- _Supplied records_:
-- ===== src/Traffic/Route/Calm.antt =====
-- GetConfig and syncAIGatewayRoute over a database that answers.
use model_registry_service.Base.{◌≡◌, subst, ◌∙◌, ap, not, ◌&&◌, Option, none, some, List, str_eq}
use model_registry_service.Domain.Traffic.{Uuid, TrafficVariant, TrafficConfig}
use model_registry_service.Domain.Serving.{InferenceService, ServingEnvironment}
use model_registry_service.Store.World.{
  ◌>>◌, Oracle, World, Call, Reply, deref, pure, lift, from_reply, attempt, ignore, log_call,
}
use model_registry_service.Store.Silent.{At}
use model_registry_service.Store.Hoare.{
  Post, Hoare, Hoare-bind, Hoare-fact, Hoare-pure, Hoare-weaken,
}
use model_registry_service.Store.Reliable.{Answers, Never, attempts, Calm-pure, Calm-if, Calm-bind}
use model_registry_service.Store.Reliable.Calls.{
  ticks, config_get_by_id-found, variant_list_by_config-rows, isvc_get_by_id-found,
  env_get_by_id-found,
}
use model_registry_service.Store.Configs.{config_row}
use model_registry_service.Store.Serving.{isvc_row, environment_row}
use model_registry_service.Store.Variants.{rows_of}
use model_registry_service.Traffic.Route.{
  get_config, get_config, gateway_update_weights, sync_in, push_route, sync_ai_gateway_route,
}

-- The row of the configuration, and those of its service and environment, to which the foreign
-- keys lead.
pub record IsPlaced (p id : Uuid) (t : World) : Type 0 where
  pub config : TrafficConfig
  pub service : InferenceService
  pub environment : ServingEnvironment
  pub config_found : config_row p id t.configs ≡ some config
  pub config_id : config.id ≡ id
  pub service_found :
      isvc_row config.project_id config.inference_service_id t.services ≡ some service
  pub environment_found :
      environment_row config.project_id service.serving_environment_id t.environments
      ≡ some environment

module _ (E : Oracle) (up : Answers E) (t : World) (p id : Uuid) (placed : IsPlaced p id t) where
  -- The configuration with the rows of its variants.
  abbrev pub loaded : TrafficConfig
  loaded = record placed.config { variants = rows_of id t.variants }

  pub get_config-loaded : Hoare (At t) (get_config E p id) (λ r w. At t w × (r ≡ loaded)) Never
  unfolding get_config
  get_config-loaded =
      Hoare-bind (config_get_by_id-found E up t p id placed.config placed.config_found) λ c.
        Hoare-fact λ same. Hoare-bind (variant_list_by_config-rows E up t c.id) λ vs.
          Hoare-fact λ rows. Hoare-pure _ λ w s. (
            s,
            ap (λ (x : TrafficConfig). record x { variants = vs }) same
                ∙ ap (λ (l : List TrafficVariant). record placed.config { variants = l })
                    (rows
                      ∙ ap (λ (x : TrafficConfig). rows_of x.id t.variants) same
                      ∙ ap (λ (i : Uuid). rows_of i t.variants) placed.config_id),
          )

module _ (E : Oracle) (up : Answers E) (t : World) (c : TrafficConfig) (service : InferenceService)
    (environment : ServingEnvironment)
    (service_found : isvc_row c.project_id c.inference_service_id t.services ≡ some service)
    (environment_found : environment_row c.project_id service.serving_environment_id t.environments
      ≡ some environment) where
  calm_reply :
      {P : World → Type 0} (r : Reply (Unit {0}))
      → Hoare P (attempt (lift (from_reply r))) (λ _. P) Never
  unfolding attempt
  calm_reply (Reply.done a) = record { at = λ w p. p }
  calm_reply (Reply.refused e) = record { at = λ w p. p }

  logs : (call : Call) → Hoare (At t) (log_call call) (λ _. At t) Never
  unfolding log_call
  logs call = record {
    at = λ w s. record {
      configs = s.configs;
      variants = s.variants;
      services = s.services;
      serve_models = s.serve_models;
      environments = s.environments;
      versions = s.versions;
      models = s.models;
    };
  }

  -- What `attempts` says of a pointer.
  abbrev Points : {A : Type 0} → Option A → A → World → Type 0
  Points {A} o a w = (x : A) × (o ≡ some x) × (At t w × (x ≡ a))

  deref-Points :
      {A : Type 0} (o : Option A) (a : A) → Hoare (Points o a) (deref o) (λ _. At t) Never
  deref-Points none a = record { at = λ w (x, e, s). cc }
  deref-Points (some b) a = record { at = λ w (x, e, s). s.0 }

  calm_in :
      (vs : List TrafficVariant)
      → Hoare (At t) (attempt (sync_in E c vs (some service))) (λ _. At t) Never
  unfolding sync_in gateway_update_weights
  calm_in vs =
      Calm-bind _
        (attempts (
          env_get_by_id-found E up t c.project_id service.serving_environment_id environment
            environment_found))
        λ found. Calm-bind _ (deref-Points found environment) λ env.
          Calm-bind _ (logs _) λ _. Calm-bind _ (ticks E up t) λ k. calm_reply (E.gateway_answers k)

  calm-At :
      (vs : List TrafficVariant) (o : Option InferenceService)
      → Hoare (Points o service) (attempt (sync_in E c vs o)) (λ _. At t) Never
  calm-At vs none = record { at = λ w (x, e, s). cc }
  calm-At vs (some b) = record {
    at = λ w (x, e, s).
        let same : service ≡ b = cc (e, s.1) in
        subst
          (λ (y : InferenceService). Post (λ _. At t) Never (attempt (sync_in E c vs (some y)) w))
          same ((calm_in vs).at w s.0);
  }

  calm_push : Hoare (At t) (attempt (push_route E c)) (λ _. At t) Never
  unfolding push_route
  calm_push = Calm-bind _ (variant_list_by_config-rows E up t c.id) λ vs. Hoare-fact λ rows.
      Calm-bind _
        (attempts
          (isvc_get_by_id-found E up t c.project_id c.inference_service_id service service_found))
        λ o. calm-At vs o

  -- The synchronisation may fail in the cluster, but it neither panics nor changes a table.
  pub sync_ai_gateway_route-calm :
      Hoare (At t) (ignore (sync_ai_gateway_route E c)) (λ _. At t) Never
  unfolding sync_ai_gateway_route ignore
  sync_ai_gateway_route-calm =
      Hoare-bind
        (Calm-if (E.gateway_available && not (str_eq c.ai_gateway_route_name "")) (push_route E c)
          (pure tt) calm_push (Calm-pure tt (λ w s. s)))
        λ _. Hoare-pure _ (λ w s. s)

module _ (E : Oracle) (up : Answers E) (t : World) (p id : Uuid) (placed : IsPlaced p id t) where
  -- The synchronisation and the last query, whatever the variants are now.
  pub afterwards :
      (c : TrafficConfig)
      → c ≡ loaded E up t p id placed
      → (now_rows : List TrafficVariant)
      → Hoare
          (At (record t { variants = now_rows }))
          (ignore (sync_ai_gateway_route E c) >> get_config E p id)
          (λ _. At (record t { variants = now_rows }))
          Never
  afterwards c same now_rows =
      let t' : World = record t { variants = now_rows } in
      Hoare-bind
        (sync_ai_gateway_route-calm E up t' c placed.service placed.environment
          (ap (λ (x : TrafficConfig). isvc_row x.project_id x.inference_service_id t.services) same
            ∙ placed.service_found)
          (ap
              (λ (x : TrafficConfig).
                environment_row x.project_id placed.service.serving_environment_id t.environments)
              same
            ∙ placed.environment_found))
        λ _.
          Hoare-weaken (λ w s. s) (λ _ w s. s.0) (λ w e. e)
            (get_config-loaded E up t' p id (record {
              config = placed.config;
              service = placed.service;
              environment = placed.environment;
              config_found = placed.config_found;
              config_id = placed.config_id;
              service_found = placed.service_found;
              environment_found = placed.environment_found;
            }))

- _Task_: Within the material above, transcribe exactly the lines that run from the line holding "calm_reply (Reply.refused e)" through the line holding "o) (λ _. At t) Never".

- _Exercise result_:
  calm_reply (Reply.refused e) = record { at = λ w p. p }

  logs : (call : Call) → Hoare (At t) (log_call call) (λ _. At t) Never
  unfolding log_call
  logs call = record {
    at = λ w s. record {
      configs = s.configs;
      variants = s.variants;
      services = s.services;
      serve_models = s.serve_models;
      environments = s.environments;
      versions = s.versions;
      models = s.models;
    };
  }

  -- What `attempts` says of a pointer.
  abbrev Points : {A : Type 0} → Option A → A → World → Type 0
  Points {A} o a w = (x : A) × (o ≡ some x) × (At t w × (x ≡ a))

  deref-Points :
      {A : Type 0} (o : Option A) (a : A) → Hoare (Points o a) (deref o) (λ _. At t) Never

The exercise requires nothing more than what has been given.